How high a person can reach after a jump, depends on the Kinetic Energy at
take-off which is equal to the mechanical work carried out during the jump
(see principle of work and energy).
4. The mechanical work (F.s) in a countermoving jump is greater because F (the
muscular force) is greater and this is due to two important physiological
reasons:
- the ability to store elastic energy in the eccentric phase increases;
- stretch reflexes leading to the activation of higher-lying motor units are
activated.
See Hills curve.
As a result the Kinetic Energy Ek=1/2mv2 at take-off increases; because the
mass stays the same it is v2 that increases, in other words the take-off
velocity increases.
Because the jump height is given by the equation h=v2/2g, we see that as the
Kinetic Energy increases so does the jump height.

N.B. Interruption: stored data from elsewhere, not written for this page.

-- ===== src/Examples/Delivery.antt =====
-- Concrete runs of the messages between nodes.
use grove_lo_ra_433mhz_and.Prelude.{
  ℕ, ◌+◌, ◌≤◌, ◌<◌, ◌≡◌, ◌≢◌, refl, ◌⊎◌, inl, inr, none, some, true, false, [], ◌∷◌, arith, length,
  take, blit, replicate,
}
use grove_lo_ra_433mhz_and.Prelude.Commands.{done, pure, ◌>>◌}
use grove_lo_ra_433mhz_and.Driver
use grove_lo_ra_433mhz_and.Driver.{broadcast_address, flags_none}
use grove_lo_ra_433mhz_and.Driver.Wait
use grove_lo_ra_433mhz_and.Node.{Node, update}
use grove_lo_ra_433mhz_and.Datagram
use grove_lo_ra_433mhz_and.Datagram.{Message}
use grove_lo_ra_433mhz_and.Reliable
use grove_lo_ra_433mhz_and.Reliable.{Receipt, received}
use grove_lo_ra_433mhz_and.Reliable.Agreement.{on_air, with_headers, send_now, exchange}
use grove_lo_ra_433mhz_and.Reliable.Sending.{sendto_wait_result}
use grove_lo_ra_433mhz_and.Reliable.Kept.{Acked}
use grove_lo_ra_433mhz_and.Reliable.Receiving.{Calls, stop, handed, empty, Fresh, Calls-Fresh}
use grove_lo_ra_433mhz_and.Router
use grove_lo_ra_433mhz_and.Router.{
  Delivery, error_none, error_invalid_length, header_size, message_hops, message_dest,
  message_source, message_id, message_flags, message_data,
}
use grove_lo_ra_433mhz_and.Router.Routing.{Routed, route-Routed}
use grove_lo_ra_433mhz_and.Router.Messages.{
  routed_message, with_message, with_hop, sendto_from_source_wait_result, dispatch-routed_message,
  dispatch-with_hop, deliver_short,
}
use grove_lo_ra_433mhz_and.Table.{get_route_to, entry, valid}
use grove_lo_ra_433mhz_and.Examples.{Inbox, driver, scripted, node, no_routes, after, ack}

abbrev acked : Node Inbox
acked = node (ack 2 1 ∷ []) no_routes

abbrev acked_after : Node Inbox
acked_after = after acked (Reliable.sendto_wait scripted 5 (7 ∷ 8 ∷ []) 2 acked)

sendto_wait_result_example :
    (((true ≡ true) × ((2 ≡ broadcast_address) ⊎ Acked 1 2 acked_after))
      ⊎ ((true ≡ false) × (3 < 255) × (2 ≢ broadcast_address)))
    × (acked_after.this_address ≡ 1)
    × (acked_after.seen_ids ≡ acked.seen_ids)
    × (acked_after.routes ≡ no_routes)
    × (acked_after.last_sequence_number ≡ 1)
unfolding Reliable.sendto_wait Reliable.attempt Reliable.transmit Datagram.set_header_id
    Datagram.set_header_flags Datagram.sendto Wait.wait_packet_sent Driver.set_header_to
    Driver.set_header_flags Driver.set_header_id Reliable.await_reply Reliable.retransmit_timeout
    Reliable.await_round Wait.wait_available_timeout Wait.wait_available_timeout_loop
    Datagram.recvfrom
sendto_wait_result_example =
    sendto_wait_result scripted 5 (7 ∷ 8 ∷ []) 2 acked {b = true} {t = acked_after} refl

-- The same message comes twice, and then another one.
abbrev sent : (id : ℕ) → Message
sent id = record { payload = 5 ∷ []; from = 2; to = 1; id = id; flags = 0 }

abbrev receiver : Node Inbox
receiver = node (sent 7 ∷ sent 7 ∷ sent 8 ∷ []) no_routes

abbrev after_call : Node Inbox → Node Inbox
after_call n = after n (Reliable.recvfrom_ack scripted 5 (some 10) n)

receiver-Calls : Calls scripted 5 (some 10) receiver (sent 7 ∷ sent 8 ∷ [])
unfolding Reliable.recvfrom_ack Reliable.accept Reliable.acknowledge Datagram.set_header_id
    Datagram.set_header_flags Datagram.set_header_to Datagram.sendto Wait.wait_packet_sent
    Driver.set_header_to Driver.set_header_flags Driver.set_header_id Datagram.recvfrom
receiver-Calls = handed {t = after_call receiver} {u = after_call receiver} refl refl (
    empty {t = after_call (after_call receiver)} {u = after_call (after_call receiver)}
      (Reliable.discarded (5 ∷ [])) refl (inr (_, refl)) refl
      (handed {t = after_call (after_call (after_call receiver))}
        {u = after_call (after_call (after_call receiver))} refl refl (stop _)))

Calls-Fresh_example : Fresh (λ _. 0) (sent 7 ∷ sent 8 ∷ [])
Calls-Fresh_example = Calls-Fresh scripted 5 (some 10) receiver-Calls

-- A message for node 3, which has come four hops.
abbrev passing : Node Inbox
passing = record (node [] no_routes) { router_message = 3 ∷ 2 ∷ 4 ∷ 9 ∷ 0 ∷ 42 ∷ replicate 249 0 }

abbrev router : Router.Overrides Inbox
router = Router.router scripted 5

dispatch-with_hop_example :
    let m = passing.router_message in
    let m' = (with_hop scripted 5 router passing).router_message in
    ((4 < 30)
      × (Router.dispatch scripted 5 router 50 6 passing
          ≡ (router.route 6 >> pure none) (with_hop scripted 5 router passing))
      × (message_hops m' ≡ message_hops m + 1)
      × (message_hops m' ≤ 30)
      × (message_dest m' ≡ message_dest m)
      × (message_source m' ≡ message_source m)
      × (message_id m' ≡ message_id m)
      × (message_flags m' ≡ message_flags m)
      × (message_data m' ≡ message_data m))
    ⊎ ((30 ≤ 4)
        × (Router.dispatch scripted 5 router 50 6 passing
            ≡ done none (with_hop scripted 5 router passing)))
dispatch-with_hop_example =
    dispatch-with_hop scripted 5 router 50 6 passing refl (omega arith) (omega arith) (omega arith)

-- A message of two octets for node 1, as it stands in the buffer.
abbrev arrived : Node Inbox
arrived = record (node [] no_routes) {
  router_message = blit 0 (routed_message (42 ∷ 43 ∷ []) 1 2 9 0) (replicate 255 0);
}

dispatch-routed_message_example :
    Router.dispatch scripted 5 router 50 7 arrived
    ≡ done
        (some (record { payload = 42 ∷ 43 ∷ []; source = 2; dest = 1; id = 9; flags = 0 }))
        arrived
dispatch-routed_message_example =
    dispatch-routed_message scripted 5 router (42 ∷ 43 ∷ []) 1 2 9 0 50 (replicate 255 0) arrived
      (omega arith) refl refl (inl refl)

sendto_from_source_wait_result_example :
    ((251 < 7)
      × (Router.sendto_from_source_wait scripted 5 router (42 ∷ 43 ∷ []) 1 2 0 passing
          ≡ done error_invalid_length passing))
    ⊎ ((7 ≤ 251)
        × (Router.sendto_from_source_wait scripted 5 router (42 ∷ 43 ∷ []) 1 2 0 passing
            ≡ router.route 7 (with_message scripted 5 router (42 ∷ 43 ∷ []) 1 2 0 passing))
        × (take 7 (with_message scripted 5 router (42 ∷ 43 ∷ []) 1 2 0 passing).router_message
            ≡ routed_message (42 ∷ 43 ∷ []) 1 2 0 0))
sendto_from_source_wait_result_example =
    sendto_from_source_wait_result scripted 5 router (42 ∷ 43 ∷ []) 1 2 0 passing refl (omega arith)

deliver_short_example :
    (m : Delivery) × (Router.deliver scripted 5 router 50 3 passing ≡ done (some m) passing)
    × (length m.payload ≡ 50)
deliver_short_example =
    deliver_short scripted 5 router 50 3 passing refl (omega arith) (omega arith)

-- Node 1 passes a message for node 3 to its next hop, node 2, which acknowledges it.
abbrev routing : Node Inbox
routing = record (node (ack 2 1 ∷ []) (entry 3 2 valid ∷ [])) {
  router_message = 3 ∷ 1 ∷ 0 ∷ 0 ∷ 0 ∷ 42 ∷ replicate 249 0;
}

abbrev routing_after : Node Inbox
routing_after = after routing (Router.route scripted 5 6 routing)

route-Routed_example : Routed routing 3 error_none routing_after
unfolding Router.route Router.forward_to get_route_to Reliable.sendto_wait Reliable.attempt
    Reliable.transmit Datagram.set_header_id Datagram.set_header_flags Datagram.sendto
    Wait.wait_packet_sent Driver.set_header_to Driver.set_header_flags Driver.set_header_id
    Reliable.await_reply Reliable.retransmit_timeout Reliable.await_round
    Wait.wait_available_timeout Wait.wait_available_timeout_loop Datagram.recvfrom
    Datagram.set_header_to Reliable.await_ack Reliable.examine
route-Routed_example =
    route-Routed scripted 5 6 routing {code = error_none} {t = routing_after} refl

-- Node 1 sends a message to node 2.
abbrev other : Node Inbox
other = record (node [] no_routes) {
  this_address = 2;
  device = record { driver = record driver { this_address = 2; tx_header_from = 2 }; chip = [] };
}

abbrev other_after : Node Inbox
other_after = after other (Reliable.acknowledge scripted 5 7 1 other)

exchange_example :
    let s' = with_headers 2 7 flags_none Reliable.flags_ack (node [] no_routes) in
    let m = on_air (42 ∷ []) s'.device.driver in
    let t' = with_headers 1 7 Reliable.flags_ack flags_none other in
    let answer = on_air (b'!' ∷ []) t'.device.driver in
    (Reliable.transmit scripted 5 (42 ∷ []) 7 2 (node [] no_routes)
      ≡ send_now scripted 5 (42 ∷ []) s')
    × (Reliable.acknowledge scripted 5 7 1 other ≡ send_now scripted 5 (b'!' ∷ []) t')
    × (Reliable.accept scripted 5 m other
        ≡ done (received m) (record other_after { seen_ids = update (λ _. 0) 1 7 }))
    × (Reliable.examine scripted 5 7 2 answer acked ≡ done true acked)
unfolding Reliable.acknowledge Datagram.set_header_id Datagram.set_header_flags Datagram.sendto
    Wait.wait_packet_sent Driver.set_header_to Driver.set_header_flags Driver.set_header_id
exchange_example =
    exchange scripted 5 (42 ∷ []) 7 (node [] no_routes) other acked {u = other_after} (omega arith)
      (omega arith) refl refl refl (omega arith) (omega arith) refl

(NB: the above equation for the jump height comes from the principle of
conservation of mechanical energy applied to the flight; we have that the
Energy at take off is equal to the Energy at the peak;
that is Ek + Ep at take off = Ek+Ep at peak; that is 1/2 mv2 + mgh at take off
= 1/2mv2 + mgh at peak;
then we take away m from both sides of the equation and set v at peak to 0 so
that we only have
1/2 v2 + gh at take off = gh at peak,
gh at peak - gh at take off= 1/2 v2 ,
h at peak - h at take off=v2/2g,
h=v2/2g)
NB: we are actually getting higher values for FT, flight height and Take
Off Velocity for squat jump rather than countermove. The reason to
this unusual results ia at present uknown to us.
Besides, we want to point out that there was an error in the execution
of the countermove jump because the performer swung his arms back
rather than keeping them on the hips.